• _Work to complete_:
Retype each entry. Leave nothing out.

• _Data in this exercise_:
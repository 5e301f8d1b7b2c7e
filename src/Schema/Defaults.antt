-- ===== src/Schema/Defaults.antt =====
-- coppermind/schema.py: the schema of a fresh install (`default_schema`).
use coppermind.Base.{true, false, none, some, List, [], ◌∷◌}
use coppermind.Base.Texts.{Text, codes}
use coppermind.Base.Integers.{pos}
use coppermind.Schema.{
  null, boolean, integer, text, items, KeyKind, string_kind, int_kind, date_kind, bool_kind,
  enum_kind, list_kind, open_tags, KeyDefinition, FrontmatterSchema,
}

-- A key that is not required and has neither a default nor values of its own.
abbrev plain_key : Text → KeyKind → KeyDefinition
plain_key name kind = record {
  name = name;
  kind = kind;
  required = false;
  default = null;
  vocabulary = [];
  vocabulary_meanings = [];
  required_when = none;
  required_when_values = [];
}

-- `kind_key_definition` and `artifacts_key_definition`
abbrev pub kind_key_definition : KeyDefinition
kind_key_definition = record (plain_key (codes "kind") enum_kind) {
  default = text (codes "note");
  vocabulary = codes "note" ∷ codes "artifact" ∷ [];
  vocabulary_meanings =
      (codes "note", codes "Something you wrote, by hand or through a recorder: editable Markdown.")
      ∷ (
        codes "artifact",
        codes
            "A static file or link stored byte for byte through POST /v1/artifacts. Never a note; a note cites it.",
      )
      ∷ [];
}

abbrev pub artifacts_key_definition : KeyDefinition
artifacts_key_definition = plain_key (codes "artifacts") list_kind

abbrev pub default_keys : List KeyDefinition
default_keys =
    record (plain_key (codes "schema_version") int_kind) {
      required = true;
      default = integer (pos 1);
    }
    ∷ record (plain_key (codes "id") string_kind) { required = true }
    ∷ plain_key (codes "date") date_kind
    ∷ record (plain_key (codes "type") enum_kind) {
      required = true;
      default = text (codes "reference");
      vocabulary = codes "work" ∷ codes "personal" ∷ codes "reference" ∷ codes "journal" ∷ [];
    }
    ∷ record (plain_key (codes "context") enum_kind) {
      required = true;
      default = text (codes "internal");
      vocabulary = codes "internal" ∷ codes "external" ∷ codes "personal" ∷ [];
    }
    ∷ record (plain_key (codes "account") list_kind) {
      required_when = some (codes "context");
      required_when_values = codes "external" ∷ [];
    }
    ∷ record (plain_key (codes "reviewed") bool_kind) { required = true; default = boolean false }
    ∷ record (plain_key (codes "sources") list_kind) { required = true; default = items [] }
    ∷ record (plain_key (codes "tags") list_kind) { default = items [] }
    ∷ kind_key_definition
    ∷ artifacts_key_definition
    ∷ []

abbrev pub default_schema : FrontmatterSchema
default_schema = record {
  schema_version = pos 1;
  keys = default_keys;
  roles =
      (codes "schema_version_key", codes "schema_version")
      ∷ (codes "id_key", codes "id")
      ∷ (codes "date_key", codes "date")
      ∷ (codes "type_key", codes "type")
      ∷ (codes "context_key", codes "context")
      ∷ (codes "account_key", codes "account")
      ∷ (codes "reviewed_key", codes "reviewed")
      ∷ (codes "sources_key", codes "sources")
      ∷ (codes "tags_key", codes "tags")
      ∷ (codes "kind_key", codes "kind")
      ∷ (codes "artifacts_key", codes "artifacts")
      ∷ [];
  tags =
      (
        codes "reference",
        codes
            "Reference material: a how-to you wrote, an upgrade deck, a paper. A note or an artifact can carry it; it changes nothing about storage or filing.",
      )
      ∷ [];
  tag_aliases = [];
  tag_mode = open_tags;
}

• _Task solution_:
repository 5e301f8d1b7b2c7e
filename src/Schema/Defaults.antt
-- ===== src/Schema/Defaults.antt =====
-- coppermind/schema.py: the schema of a fresh install (`default_schema`).
use coppermind.Base.{true, false, none, some, List, [], ◌∷◌}
use coppermind.Base.Texts.{Text, codes}
use coppermind.Base.Integers.{pos}
use coppermind.Schema.{
  null, boolean, integer, text, items, KeyKind, string_kind, int_kind, date_kind, bool_kind,
  enum_kind, list_kind, open_tags, KeyDefinition, FrontmatterSchema,
}

-- A key that is not required and has neither a default nor values of its own.
abbrev plain_key : Text → KeyKind → KeyDefinition
plain_key name kind = record {
  name = name;
  kind = kind;
  required = false;
  default = null;
  vocabulary = [];
  vocabulary_meanings = [];
  required_when = none;
  required_when_values = [];
}

-- `kind_key_definition` and `artifacts_key_definition`
abbrev pub kind_key_definition : KeyDefinition
kind_key_definition = record (plain_key (codes "kind") enum_kind) {
  default = text (codes "note");
  vocabulary = codes "note" ∷ codes "artifact" ∷ [];
  vocabulary_meanings =
      (codes "note", codes "Something you wrote, by hand or through a recorder: editable Markdown.")
      ∷ (
        codes "artifact",
        codes
            "A static file or link stored byte for byte through POST /v1/artifacts. Never a note; a note cites it.",
      )
      ∷ [];
}

abbrev pub artifacts_key_definition : KeyDefinition
artifacts_key_definition = plain_key (codes "artifacts") list_kind

abbrev pub default_keys : List KeyDefinition
default_keys =
    record (plain_key (codes "schema_version") int_kind) {
      required = true;
      default = integer (pos 1);
    }
    ∷ record (plain_key (codes "id") string_kind) { required = true }
    ∷ plain_key (codes "date") date_kind
    ∷ record (plain_key (codes "type") enum_kind) {
      required = true;
      default = text (codes "reference");
      vocabulary = codes "work" ∷ codes "personal" ∷ codes "reference" ∷ codes "journal" ∷ [];
    }
    ∷ record (plain_key (codes "context") enum_kind) {
      required = true;
      default = text (codes "internal");
      vocabulary = codes "internal" ∷ codes "external" ∷ codes "personal" ∷ [];
    }
    ∷ record (plain_key (codes "account") list_kind) {
      required_when = some (codes "context");
      required_when_values = codes "external" ∷ [];
    }
    ∷ record (plain_key (codes "reviewed") bool_kind) { required = true; default = boolean false }
    ∷ record (plain_key (codes "sources") list_kind) { required = true; default = items [] }
    ∷ record (plain_key (codes "tags") list_kind) { default = items [] }
    ∷ kind_key_definition
    ∷ artifacts_key_definition
    ∷ []

abbrev pub default_schema : FrontmatterSchema
default_schema = record {
  schema_version = pos 1;
  keys = default_keys;
  roles =
      (codes "schema_version_key", codes "schema_version")
      ∷ (codes "id_key", codes "id")
      ∷ (codes "date_key", codes "date")
      ∷ (codes "type_key", codes "type")
      ∷ (codes "context_key", codes "context")
      ∷ (codes "account_key", codes "account")
      ∷ (codes "reviewed_key", codes "reviewed")
      ∷ (codes "sources_key", codes "sources")
      ∷ (codes "tags_key", codes "tags")
      ∷ (codes "kind_key", codes "kind")
      ∷ (codes "artifacts_key", codes "artifacts")
      ∷ [];
  tags =
      (
        codes "reference",
        codes
            "Reference material: a how-to you wrote, an upgrade deck, a paper. A note or an artifact can carry it; it changes nothing about storage or filing.",
      )
      ∷ [];
  tag_aliases = [];
  tag_mode = open_tags;
}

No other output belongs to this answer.